Keywords: dissolution, solubility, bioavailability, dutasteride
Self-microemulsifying formulations (SMFs) consisting of oil, surfactant, and/or cosurfactant (cosolvent) provide a good solvent system for poorly water-soluble active pharmaceutical ingredients and a large oil/water (o/w) interface area, thereby incorporating active pharmaceutical ingredients into oil droplets.1,2 Presently, SMFs have become an enhanced strategy for the improvement of the oral delivery of various active pharmaceutical ingredients.3,4 Importantly, the liquid state of an SMF must be solidified for the development of a solid dosage form with enhanced stability, reproducibility, and improved patient compliance.5 The extrusion/spheronization or wet granulation method has been employed to prepare solid forms of SMFs based on the adsorption principle using an adsorbent such as colloidal silica (Aerosil® 200) and magnesium aluminometasilicate (Neusilin®).6,7 The spray-drying process is a one-step method using a solid carrier such as alginate, hydroxypropylmethyl cellulose, lactose, or sodium carboxymethylcellulose to form microspheres, microparticles, and microcapsules.8–12
The present study was conducted to develop a gelatin microparticle-containing SMF for enhancing the oral delivery of the poorly water-soluble therapeutic dutasteride.
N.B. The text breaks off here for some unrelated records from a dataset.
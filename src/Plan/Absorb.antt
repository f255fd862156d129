-- ===== src/Plan/Absorb.antt =====
-- `absorb_after` of src/scheduler/dependencies.rs as a fold over the levels that it takes.
use reactor_rs.Common.{
  ℕ, zero, suc, ◌+◌, ◌≡◌, ◌<◌, refl, Option, none, some, [], ◌∷◌, true, arith, drop, length,
  if◌then◌else◌,
}
use reactor_rs.Common.Ord.{nat_ord, key_le}
use reactor_rs.Level.{Level, is_empty, extend}
use reactor_rs.VecMap.{KeyRef, Entry, vacant, occupied, keyref, key_at, entry, is_valid_keyref}
use reactor_rs.VecMap.Sorted.{IsSorted}
use reactor_rs.VecMap.Search.{locate}
use reactor_rs.VecMap.Reference.{alter}
use reactor_rs.VecMap.Laws.{alter-IsSorted}
use reactor_rs.VecMap.Entries.{settle, settle-entry, entry-locate, entry_from_ref-entry, place}
use reactor_rs.VecMap.Walk.{
  first, suffix, index_of, index_of-shift, drop-locate, drop_suc, next_mapping-drop,
  find_random_mapping_after-first,
}
use reactor_rs.Plan.{
  ExecutableReactions, LevelIx, absorb_entry, absorb_loop, absorb_after, find_dst,
}

-- What a level becomes when `l` is absorbed.
abbrev pub absorb_level : Level → Option Level → Level
absorb_level l none = l
absorb_level l (some old) = if is_empty old then l else extend old l

unfoldable pub merge_from : ExecutableReactions → ExecutableReactions → ExecutableReactions
merge_from dst [] = dst
merge_from dst ((k, l) ∷ rest) = merge_from (alter dst k (absorb_level l)) rest

absorb_entry-settle :
    (dst : ExecutableReactions) (e : Entry LevelIx) (l : Level)
    → absorb_entry dst e l ≡ settle dst e (absorb_level l)
unfolding absorb_entry settle
absorb_entry-settle dst (vacant key i) l = refl
absorb_entry-settle dst (occupied key i) l = ground arith

-- The entry of the last round is a valid hint after the write.
key_at-alter :
    (m : ExecutableReactions) (key : LevelIx) (f : Option Level → Level)
    → key_at (alter m key f) (index_of (locate m key)) ≡ some key
unfolding alter locate
key_at-alter [] key f = refl
key_at-alter ((k, v) ∷ m) key f =
    ground (arith, key_at-alter m key f, index_of-shift (locate m key))

keyref-place :
    (key : LevelIx) (m : ExecutableReactions)
    → keyref (place key (locate m key)) ≡ record { key = key; min_idx = index_of (locate m key) }
unfolding keyref
keyref-place key m = ground arith

-- The hint, if any, is valid and not above the next key.
abbrev HintFits : ExecutableReactions → Option (KeyRef LevelIx) → ExecutableReactions → Type 0
HintFits dst none rest = Unit
HintFits dst (some r) [] = Unit
HintFits dst (some r) ((k, l) ∷ rest) = (is_valid_keyref dst r ≡ true) × (key_le r.key k ≡ true)

find_dst-entry :
    (dst : ExecutableReactions) (hint : Option (KeyRef LevelIx)) (k : LevelIx) (l : Level)
    (rest : ExecutableReactions)
    → IsSorted dst
    → HintFits dst hint ((k, l) ∷ rest)
    → find_dst dst hint k ≡ some (entry dst k)
unfolding find_dst
find_dst-entry dst none k l rest s h = refl
find_dst-entry dst (some r) k l rest s h = entry_from_ref-entry dst r k s h.0 h.1

HintFits-next :
    (dst : ExecutableReactions) (k : LevelIx) (l : Level) (rest : ExecutableReactions)
    → IsSorted dst
    → IsSorted {V = Level} ((k, l) ∷ rest)
    → HintFits (alter dst k (absorb_level l)) (some (keyref (entry dst k))) rest
unfolding is_valid_keyref
HintFits-next dst k l [] s t = tt
HintFits-next dst k l ((j, l') ∷ rest) s t =
    rw (entry-locate dst k s, keyref-place k dst)
      (ground (arith, key_at-alter dst k (absorb_level l)))

module _ (src : ExecutableReactions) (sorted : IsSorted src) where
  absorb_loop-merge_from :
      (fuel : ℕ) (dst rest : ExecutableReactions) (i : ℕ) (hint : Option (KeyRef LevelIx))
      → IsSorted dst
      → IsSorted rest
      → drop i src ≡ rest
      → HintFits dst hint rest
      → length rest < fuel
      → absorb_loop fuel src dst (first rest i) hint ≡ some (merge_from dst rest)
  unfolding absorb_loop merge_from
  absorb_loop-merge_from zero dst rest i hint s t d h f = absurd (omega arith)
  absorb_loop-merge_from (suc fuel) dst [] i hint s t d h f = refl
  absorb_loop-merge_from (suc fuel) dst ((k, l) ∷ rest) i hint s t d h f =
      rw
        (
          absorb_loop,
          find_dst-entry dst hint k l rest s h,
          absorb_entry-settle dst (entry dst k) l,
          settle-entry dst k (absorb_level l) s,
          next_mapping-drop src i k l rest sorted d,
        )
        (absorb_loop-merge_from fuel (alter dst k (absorb_level l)) rest (i + 1) _
          (alter-IsSorted dst k (absorb_level l) s) t.1 (drop_suc src i (k, l) rest d).1
          (HintFits-next dst k l rest s t) (omega arith))

length-suffix : (m : ExecutableReactions) (key : LevelIx) → length (suffix m key) < suc (length m)
length-suffix [] key = omega arith
length-suffix ((k, v) ∷ m) key = ground (arith, length-suffix m key)

pub suffix-IsSorted :
    (m : ExecutableReactions) (key : LevelIx) → IsSorted m → IsSorted (suffix m key)
suffix-IsSorted [] key s = tt
suffix-IsSorted ((k, v) ∷ m) key s = ground (arith, suffix-IsSorted m key s.1)

-- On sorted plans `absorb_after` does not panic and ends: it writes the levels of `src` from the
-- given one on into `dst`, one after another.
pub absorb_after-merge_from :
    (dst src : ExecutableReactions) (min_level : LevelIx)
    → IsSorted dst
    → IsSorted src
    → absorb_after dst src min_level ≡ some (merge_from dst (suffix src min_level))
unfolding absorb_after
absorb_after-merge_from dst src min_level s t =
    rw (find_random_mapping_after-first src min_level t, absorb_after)
      (absorb_loop-merge_from src t (suc (length src)) dst (suffix src min_level)
        (index_of (locate src min_level)) none s (suffix-IsSorted src min_level t)
        (drop-locate src min_level) tt (length-suffix src min_level))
Dutasteride is widely used for the treatment of symptomatic benign prostatic hyperplasia by oral administration as a soft capsule formulated with monoglycerides and diglycerides of caprylic/capric acid. However, the oral bioavailability of the commercial product in humans is only 40%–60% due to its extremely low aqueous solubility (below 0.038 ng/mL at 25°C).13 In our previous study, we developed and optimized a dutasteride-loaded SMF containing Capryol™ 90, Cremophor® EL, and Transcutol® HP, based on a D-optimal mixture design.14 In the present study, a gelatin microparticle-containing SMF was developed using a spray-drying method. The effect of the amount of gelatin, the type and amount of the hydrophilic additives, namely, Gelucire® 44/14, poloxamer 407, sodium lauryl sulfate, Soluplus®, Solutol™ HS15, and D-α-tocopheryl polyethylene glycol 1000 succinate (TPGS), on the droplet size, dissolution, and oral absorption of dutasteride from an SMF was investigated.
Materials and methods
Dutasteride and gelatin (type A) were obtained from Dr Reddy’s Laboratories Ltd and Geltech Co Ltd, respectively. Cremophor EL (polyoxyl 35 hydrogenated castor oil), poloxamer 407 (ethylene oxide-propylene oxide block copolymer), and Soluplus (polyvinyl caprolactam-polyvinyl acetate-polyethylene glycol graft copolymer) were kindly donated by BASF Co Ltd. Capryol 90 (propylene glycol monocaprylate) and Transcutol HP (purified diethylene glycol monoethyl ether) were kindly donated by Gattefosse. TPGS and finasteride (internal standard) were purchased from Eastman Chemical Company and Sigma Chemical Company, respectively. Acetonitrile, ethanol, and methanol were of high-performance liquid chromatography (HPLC) grade.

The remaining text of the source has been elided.